-- Supplied entries --

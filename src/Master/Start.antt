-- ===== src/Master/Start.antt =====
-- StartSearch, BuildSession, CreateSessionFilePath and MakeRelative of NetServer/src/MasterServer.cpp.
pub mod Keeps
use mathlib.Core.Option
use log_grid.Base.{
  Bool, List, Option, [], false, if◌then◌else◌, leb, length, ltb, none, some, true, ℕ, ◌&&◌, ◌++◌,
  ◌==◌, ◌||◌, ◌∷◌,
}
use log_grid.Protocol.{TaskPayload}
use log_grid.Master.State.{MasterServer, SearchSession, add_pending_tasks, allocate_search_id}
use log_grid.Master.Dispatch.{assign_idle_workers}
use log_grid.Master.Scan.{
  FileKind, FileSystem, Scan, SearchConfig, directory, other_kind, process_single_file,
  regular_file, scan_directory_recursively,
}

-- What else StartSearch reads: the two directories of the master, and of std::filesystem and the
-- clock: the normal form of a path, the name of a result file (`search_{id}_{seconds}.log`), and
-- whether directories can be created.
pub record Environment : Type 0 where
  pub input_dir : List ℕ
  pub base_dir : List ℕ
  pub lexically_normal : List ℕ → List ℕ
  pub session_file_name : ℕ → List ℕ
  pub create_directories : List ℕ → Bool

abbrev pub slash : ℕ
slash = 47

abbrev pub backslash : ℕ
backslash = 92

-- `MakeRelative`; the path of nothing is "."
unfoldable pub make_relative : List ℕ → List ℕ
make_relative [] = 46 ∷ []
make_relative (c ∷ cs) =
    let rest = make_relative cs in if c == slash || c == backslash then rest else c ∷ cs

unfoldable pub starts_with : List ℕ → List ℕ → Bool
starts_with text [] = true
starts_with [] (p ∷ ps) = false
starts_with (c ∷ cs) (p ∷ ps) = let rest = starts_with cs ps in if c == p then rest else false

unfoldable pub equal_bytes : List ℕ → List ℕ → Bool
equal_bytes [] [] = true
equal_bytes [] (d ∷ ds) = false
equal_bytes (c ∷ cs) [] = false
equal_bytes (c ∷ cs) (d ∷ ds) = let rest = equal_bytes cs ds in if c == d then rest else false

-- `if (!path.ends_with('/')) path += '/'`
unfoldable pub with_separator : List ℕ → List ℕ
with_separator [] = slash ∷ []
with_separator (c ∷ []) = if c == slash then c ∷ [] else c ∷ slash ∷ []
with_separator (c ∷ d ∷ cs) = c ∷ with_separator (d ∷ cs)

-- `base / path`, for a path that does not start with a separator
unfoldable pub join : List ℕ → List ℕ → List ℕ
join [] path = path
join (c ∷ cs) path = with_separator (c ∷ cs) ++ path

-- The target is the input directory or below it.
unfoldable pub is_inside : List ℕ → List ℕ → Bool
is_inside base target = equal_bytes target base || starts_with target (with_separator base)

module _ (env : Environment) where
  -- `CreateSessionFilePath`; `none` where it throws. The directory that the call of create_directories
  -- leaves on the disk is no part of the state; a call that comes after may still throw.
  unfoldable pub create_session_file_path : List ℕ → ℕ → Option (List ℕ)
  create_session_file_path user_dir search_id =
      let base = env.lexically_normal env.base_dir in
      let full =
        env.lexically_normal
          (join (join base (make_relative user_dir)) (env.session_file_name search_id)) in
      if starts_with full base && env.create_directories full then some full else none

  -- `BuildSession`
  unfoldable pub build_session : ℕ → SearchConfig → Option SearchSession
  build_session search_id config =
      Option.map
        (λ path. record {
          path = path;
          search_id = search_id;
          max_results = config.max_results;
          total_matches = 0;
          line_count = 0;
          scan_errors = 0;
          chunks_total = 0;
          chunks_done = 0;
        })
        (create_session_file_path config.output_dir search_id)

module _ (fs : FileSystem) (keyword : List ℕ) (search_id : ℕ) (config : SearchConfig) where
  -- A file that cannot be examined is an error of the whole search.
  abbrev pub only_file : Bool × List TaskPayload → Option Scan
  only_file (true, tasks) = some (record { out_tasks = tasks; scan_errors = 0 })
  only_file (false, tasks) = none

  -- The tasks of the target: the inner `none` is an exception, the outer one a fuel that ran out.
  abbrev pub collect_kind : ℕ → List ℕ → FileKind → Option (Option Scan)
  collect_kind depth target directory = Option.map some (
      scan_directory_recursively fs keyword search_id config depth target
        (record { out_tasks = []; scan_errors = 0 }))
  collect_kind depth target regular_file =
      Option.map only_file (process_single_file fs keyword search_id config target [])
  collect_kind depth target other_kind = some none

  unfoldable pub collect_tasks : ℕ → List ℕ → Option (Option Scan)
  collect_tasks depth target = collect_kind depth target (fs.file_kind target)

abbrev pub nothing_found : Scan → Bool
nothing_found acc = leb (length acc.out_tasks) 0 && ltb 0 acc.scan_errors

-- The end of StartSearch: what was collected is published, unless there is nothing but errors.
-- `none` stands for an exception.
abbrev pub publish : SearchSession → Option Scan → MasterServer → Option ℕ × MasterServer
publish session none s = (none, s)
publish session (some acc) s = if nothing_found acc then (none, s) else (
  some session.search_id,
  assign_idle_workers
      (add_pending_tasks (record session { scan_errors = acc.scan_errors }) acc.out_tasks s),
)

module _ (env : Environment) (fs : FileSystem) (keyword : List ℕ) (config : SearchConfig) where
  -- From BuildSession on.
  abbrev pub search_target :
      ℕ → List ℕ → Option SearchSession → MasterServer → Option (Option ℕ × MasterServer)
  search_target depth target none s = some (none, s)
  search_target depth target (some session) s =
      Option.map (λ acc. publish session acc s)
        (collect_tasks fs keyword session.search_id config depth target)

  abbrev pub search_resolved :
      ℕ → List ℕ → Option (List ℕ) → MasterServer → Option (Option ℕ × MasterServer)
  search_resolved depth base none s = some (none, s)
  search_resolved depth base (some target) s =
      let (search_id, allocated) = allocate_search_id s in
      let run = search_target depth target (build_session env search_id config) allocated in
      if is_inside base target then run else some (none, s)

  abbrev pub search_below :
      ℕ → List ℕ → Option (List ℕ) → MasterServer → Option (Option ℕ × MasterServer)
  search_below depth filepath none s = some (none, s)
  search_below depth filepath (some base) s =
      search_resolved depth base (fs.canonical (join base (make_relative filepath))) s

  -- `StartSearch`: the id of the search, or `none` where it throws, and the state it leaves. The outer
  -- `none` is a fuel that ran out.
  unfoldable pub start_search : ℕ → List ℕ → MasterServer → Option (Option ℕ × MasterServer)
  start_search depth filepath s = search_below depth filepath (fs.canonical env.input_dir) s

-- Work order --
The string "record" marks the lines to return from the material. Copy each one.

-- Written response --
pub record Environment : Type 0 where
        (λ path. record {
  only_file (true, tasks) = some (record { out_tasks = tasks; scan_errors = 0 })
        (record { out_tasks = []; scan_errors = 0 }))
      (add_pending_tasks (record session { scan_errors = acc.scan_errors }) acc.out_tasks s),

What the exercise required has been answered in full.